** Opening DATA SHOWN block **

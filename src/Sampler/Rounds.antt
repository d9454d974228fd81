-- ===== src/Sampler/Rounds.antt =====
-- The outer loop of the sampler, and the sampler's invariant.
use mathlib.Core.List.{Perm}
use mathlib.Core.List.Perm
use native.Mathlib.Nat.{mod-lt}
use work.Prelude.{
  ℕ, suc, zero, ◌+◌, ◌-◌, ◌%◌, ◌<◌, ◌≤◌, ◌≡◌, refl, List, [], ◌∷◌, ◌++◌, some, length, get_elem?,
  set, arith, Option, Option-cases, inl, inr, length-set, ◌∙◌, sym, subst, ◌==◌, false,
}
use work.Sampler.{
  SampleItem, PrioritySampler, priority_at, u64, sub_u64, scan, swap, move_to_front, sample_loop,
  sample, add,
}
use work.Scripts.Fetch.{FetchKeys}
use work.Sampler.Slices.{
  sum_from, sum_from-le, sum_from-length, swap-perm, get_elem?-priority, sum_from-append, swap-cons,
}
use work.Sampler.Scan.{scan_from, Found}

-- Every priority is positive, as `applyDefaultsAndValidate` makes it.
abbrev pub Positive : List SampleItem → Type 0
Positive [] = Unit {0}
Positive (x ∷ xs) = (0 < x.priority) × Positive xs

-- The sum is kept up by `add`, and does not wrap.
pub record IsValid (s : PrioritySampler) : Type 0 where
  pub summed : s.sum ≡ sum_from 0 s.samples
  pub small : sum_from 0 s.samples < u64
  pub positive : Positive s.samples

pub sum_from_pos : (i : ℕ) (xs : List SampleItem) → Positive xs → i < length xs → 0 < sum_from i xs
sum_from_pos i [] p h = absurd (omega arith)
sum_from_pos zero (x ∷ xs) p h = omega arith
sum_from_pos (suc i) (x ∷ xs) p h = sum_from_pos i xs p.1 (omega arith)

-- Writing a value over the element at i.
sum_from-set :
    (xs : List SampleItem) (i : ℕ) (b : SampleItem)
    → i < length xs
    → sum_from 0 (set xs i b) + priority_at xs i ≡ sum_from 0 xs + b.priority
sum_from-set [] i b h = absurd (omega arith)
sum_from-set (x ∷ xs) zero b h = omega arith
sum_from-set (x ∷ xs) (suc i) b h = omega (arith, sum_from-set xs i b)

-- After the swap the samples behind the front one hold what the others held.
sum_from-swap :
    (last i : ℕ) (xs : List SampleItem)
    → last ≤ i
    → i < length xs
    → sum_from (suc last) (swap i last xs) + priority_at xs i ≡ sum_from last xs
unfolding swap
sum_from-swap last i [] h l = absurd (omega arith)
sum_from-swap zero zero (x ∷ xs) h l = omega arith
sum_from-swap zero (suc i) (x ∷ xs) h l =
    let (y, at, p) = get_elem?-priority i xs (omega arith) in
    rw (at, swap) (omega (arith, sum_from-set xs i x (omega arith)))
sum_from-swap (suc last) zero (x ∷ xs) h l = absurd (omega arith)
sum_from-swap (suc last) (suc i) (x ∷ xs) h l =
    rw (swap-cons x xs i last) (sum_from-swap last i xs (omega arith) (omega arith))

length-swap : (i j : ℕ) (xs : List SampleItem) → length (swap i j xs) ≡ length xs
unfolding swap
length-swap i j xs = elim (Option-cases (get_elem? xs i)) [
  | inl e ↦ rw (e, swap)
  | inr (a, e) ↦ elim (Option-cases (get_elem? xs j)) [
    | inl f ↦ rw (e, f, swap)
    | inr (b, f) ↦ rw (e, f, swap) (length-set (set xs i b) j a ∙ length-set xs i b)
  ]
]

Positive-set :
    (xs : List SampleItem) (i : ℕ) (b : SampleItem)
    → 0 < b.priority
    → Positive xs
    → Positive (set xs i b)
Positive-set [] i b h p = tt
Positive-set (x ∷ xs) zero b h p = (h, p.1)
Positive-set (x ∷ xs) (suc i) b h p = (p.0, Positive-set xs i b h p.1)

Positive-get :
    (xs : List SampleItem) (i : ℕ) (b : SampleItem)
    → get_elem? xs i ≡ some b
    → Positive xs
    → 0 < b.priority
Positive-get [] i b e p = cc
Positive-get (x ∷ xs) zero b e p = ground arith
Positive-get (x ∷ xs) (suc i) b e p = Positive-get xs i b e p.1

Positive-swap : (i j : ℕ) (xs : List SampleItem) → Positive xs → Positive (swap i j xs)
unfolding swap
Positive-swap i j xs p = elim (Option-cases (get_elem? xs i)) [
  | inl e ↦ rw (e, swap) p
  | inr (a, e) ↦ elim (Option-cases (get_elem? xs j)) [
    | inl f ↦ rw (e, f, swap) p
    | inr (b, f) ↦
        rw (e, f, swap)
          (Positive-set (set xs i b) j a (Positive-get xs i a e p)
            (Positive-set xs i b (Positive-get xs j b f p) p))
  ]
]

priority_at-get :
    (xs : List SampleItem) (i : ℕ) (b : SampleItem)
    → get_elem? xs i ≡ some b
    → priority_at xs i ≡ b.priority
priority_at-get [] i b e = cc
priority_at-get (x ∷ xs) zero b e = ground arith
priority_at-get (x ∷ xs) (suc i) b e = priority_at-get xs i b e

priority_at-set :
    (xs : List SampleItem) (i j : ℕ) (b : SampleItem)
    → get_elem? xs j ≡ some b
    → priority_at (set xs i b) j ≡ b.priority
priority_at-set [] i j b e = cc
priority_at-set (x ∷ xs) zero zero b e = refl
priority_at-set (x ∷ xs) zero (suc j) b e = priority_at-get xs j b e
priority_at-set (x ∷ xs) (suc i) zero b e = ground arith
priority_at-set (x ∷ xs) (suc i) (suc j) b e = priority_at-set xs i j b e

get_elem?-lt :
    (xs : List SampleItem) (i : ℕ) (b : SampleItem) → get_elem? xs i ≡ some b → i < length xs
get_elem?-lt [] i b e = cc
get_elem?-lt (x ∷ xs) zero b e = omega arith
get_elem?-lt (x ∷ xs) (suc i) b e = omega (arith, get_elem?-lt xs i b e)

total-swap : (i j : ℕ) (xs : List SampleItem) → sum_from 0 (swap i j xs) ≡ sum_from 0 xs
unfolding swap
total-swap i j xs = elim (Option-cases (get_elem? xs i)) [
  | inl e ↦ rw (e, swap)
  | inr (a, e) ↦ elim (Option-cases (get_elem? xs j)) [
    | inl f ↦ rw (e, f, swap)
    | inr (b, f) ↦
        rw (e, f, swap)
          (omega (
            arith,
            sum_from-set xs i b (get_elem?-lt xs i a e),
            priority_at-get xs i a e,
            sum_from-set (set xs i b) j a (rw (length-set xs i b) (get_elem?-lt xs j b f)),
            priority_at-set xs i j b f,
          ))
  ]
]

-- One round: no panic, and the rest of the rounds on a rearranged slice with the right sum.
abbrev Rearranged : List SampleItem → Option (List SampleItem) → Type 0
Rearranged xs r =
    (ys : List SampleItem) × (r ≡ some ys)
    × Perm ys xs
    × Positive ys
    × (sum_from 0 ys ≡ sum_from 0 xs)

module _ (rand : ℕ → ℕ) (last : ℕ) (xs : List SampleItem) (p : Positive xs)
    (room : last < length xs) (small : sum_from 0 xs < u64) where
  -- The number drawn fits a sample that is not yet placed.
  round_finds : Found (length xs - last) last (rand last % sum_from last xs) 0 xs
  round_finds =
      let reach : last + (length xs - last) ≡ length xs = omega arith in
      let drawn : rand last % sum_from last xs < sum_from last xs =
        mod-lt (rand last) (sum_from_pos last xs p room) in
      scan_from (length xs - last) last (rand last % sum_from last xs) 0 xs (omega arith) small
        (rw reach (sym (sum_from-length xs))) (omega arith) drawn

  front_sum :
      (i : ℕ)
      → last ≤ i
      → i < length xs
      → sub_u64 (sum_from last xs) (priority_at xs i) ≡ sum_from (suc last) (swap i last xs)
  front_sum i lo hi = omega (arith, sum_from-swap last i xs lo hi, sum_from-le last xs)

sample_loop-step :
    (rand : ℕ → ℕ) (rounds last sum : ℕ) (xs : List SampleItem) (i rest : ℕ)
    → 0 < sum
    → scan (length xs - last) last (rand last % sum) 0 xs ≡ some i
    → sub_u64 sum (priority_at xs i) ≡ rest
    → sample_loop rand (suc rounds) last sum xs
      ≡ sample_loop rand rounds (suc last) rest (swap i last xs)
unfolding sample_loop move_to_front
sample_loop-step rand rounds last sum xs i rest pos found left =
    let test : (sum == 0) ≡ false = ground arith in
    rw (test, found, left, sample_loop, move_to_front)

sample_loop_lem :
    (rand : ℕ → ℕ) (rounds last : ℕ) (xs : List SampleItem)
    → sum_from 0 xs < u64
    → Positive xs
    → last + rounds < length xs
    → Rearranged xs (sample_loop rand rounds last (sum_from last xs) xs)
unfolding sample_loop
sample_loop_lem rand zero last xs small p room = (xs, refl, Perm.refl xs, p, refl)
sample_loop_lem rand (suc rounds) last xs small p room =
    let (i, found, lo, hi, fits) = round_finds rand last xs p (omega arith) small in
    let top : i < length xs = omega arith in
    let (ys, done, perm, q, total) =
      sample_loop_lem rand rounds (suc last) (swap i last xs) (rw (total-swap i last xs) small)
        (Positive-swap i last xs p) (rw (length-swap i last xs) (omega arith)) in
    (
      ys,
      sample_loop-step rand rounds last _ xs i _ (sum_from_pos last xs p (omega arith)) found
            (front_sum rand last xs p (omega arith) small i lo top)
          ∙ done,
      Perm.trans perm (swap-perm xs i last),
      q,
      total ∙ total-swap i last xs,
    )

-- No samples, or few enough rounds for them.
sample_loop_all :
    (rand : ℕ → ℕ) (xs : List SampleItem)
    → sum_from 0 xs < u64
    → Positive xs
    → Rearranged xs (sample_loop rand (length xs - 1) 0 (sum_from 0 xs) xs)
unfolding sample_loop
sample_loop_all rand [] small p = ([], refl, Perm.refl [], tt, refl)
sample_loop_all rand (x ∷ xs) small p = sample_loop_lem rand _ 0 (x ∷ xs) small p (omega arith)

-- Sampling a valid sampler never panics, for any random numbers, and only rearranges the samples:
-- the sum stays right, so the sampler stays valid.
pub sample-IsValid :
    (rand : ℕ → ℕ) (s : PrioritySampler)
    → IsValid s
    → (t : PrioritySampler) × (sample rand s ≡ some t) × Perm t.samples s.samples × IsValid t
unfolding sample
sample-IsValid rand s v =
    let (ys, done, perm, q, total) = sample_loop_all rand s.samples v.small v.positive in
    let done' : sample_loop rand (length s.samples - 1) 0 s.sum s.samples ≡ some ys =
      subst (λ n. sample_loop rand (length s.samples - 1) 0 n s.samples ≡ some ys) (sym v.summed)
        done in
    (
      record s { samples = ys },
      rw (done', sample),
      perm,
      record { summed = v.summed ∙ sym total; small = rw total v.small; positive = q },
    )

Positive-snoc :
    (xs : List SampleItem) (x : SampleItem) → Positive xs → 0 < x.priority → Positive (xs ++ x ∷ [])
Positive-snoc [] x p h = (h, tt)
Positive-snoc (y ∷ xs) x p h = (p.0, Positive-snoc xs x p.1 h)

-- So does adding a job type with a positive priority, within the range of the sum.
pub add-IsValid :
    (priority : ℕ) (payload : FetchKeys) (s : PrioritySampler)
    → 0 < priority
    → sum_from 0 s.samples + priority < u64
    → IsValid s
    → IsValid (add priority payload s)
unfolding add
add-IsValid priority payload s h small v =
    let total =
      sum_from-append s.samples (record { priority = priority; payload = payload } ∷ []) in
    record {
      summed = omega (arith, v.summed, v.small);
      small = omega (arith, v.small);
      positive = Positive-snoc s.samples _ v.positive h;
    }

** Closing DATA SHOWN block **

WHAT YOU HAVE TO DO: Look through the material above and pick out each line holding the word "fits".

RESPONSE TO THE EXERCISE:
  -- The number drawn fits a sample that is not yet placed.
    let (i, found, lo, hi, fits) = round_finds rand last xs p (omega arith) small in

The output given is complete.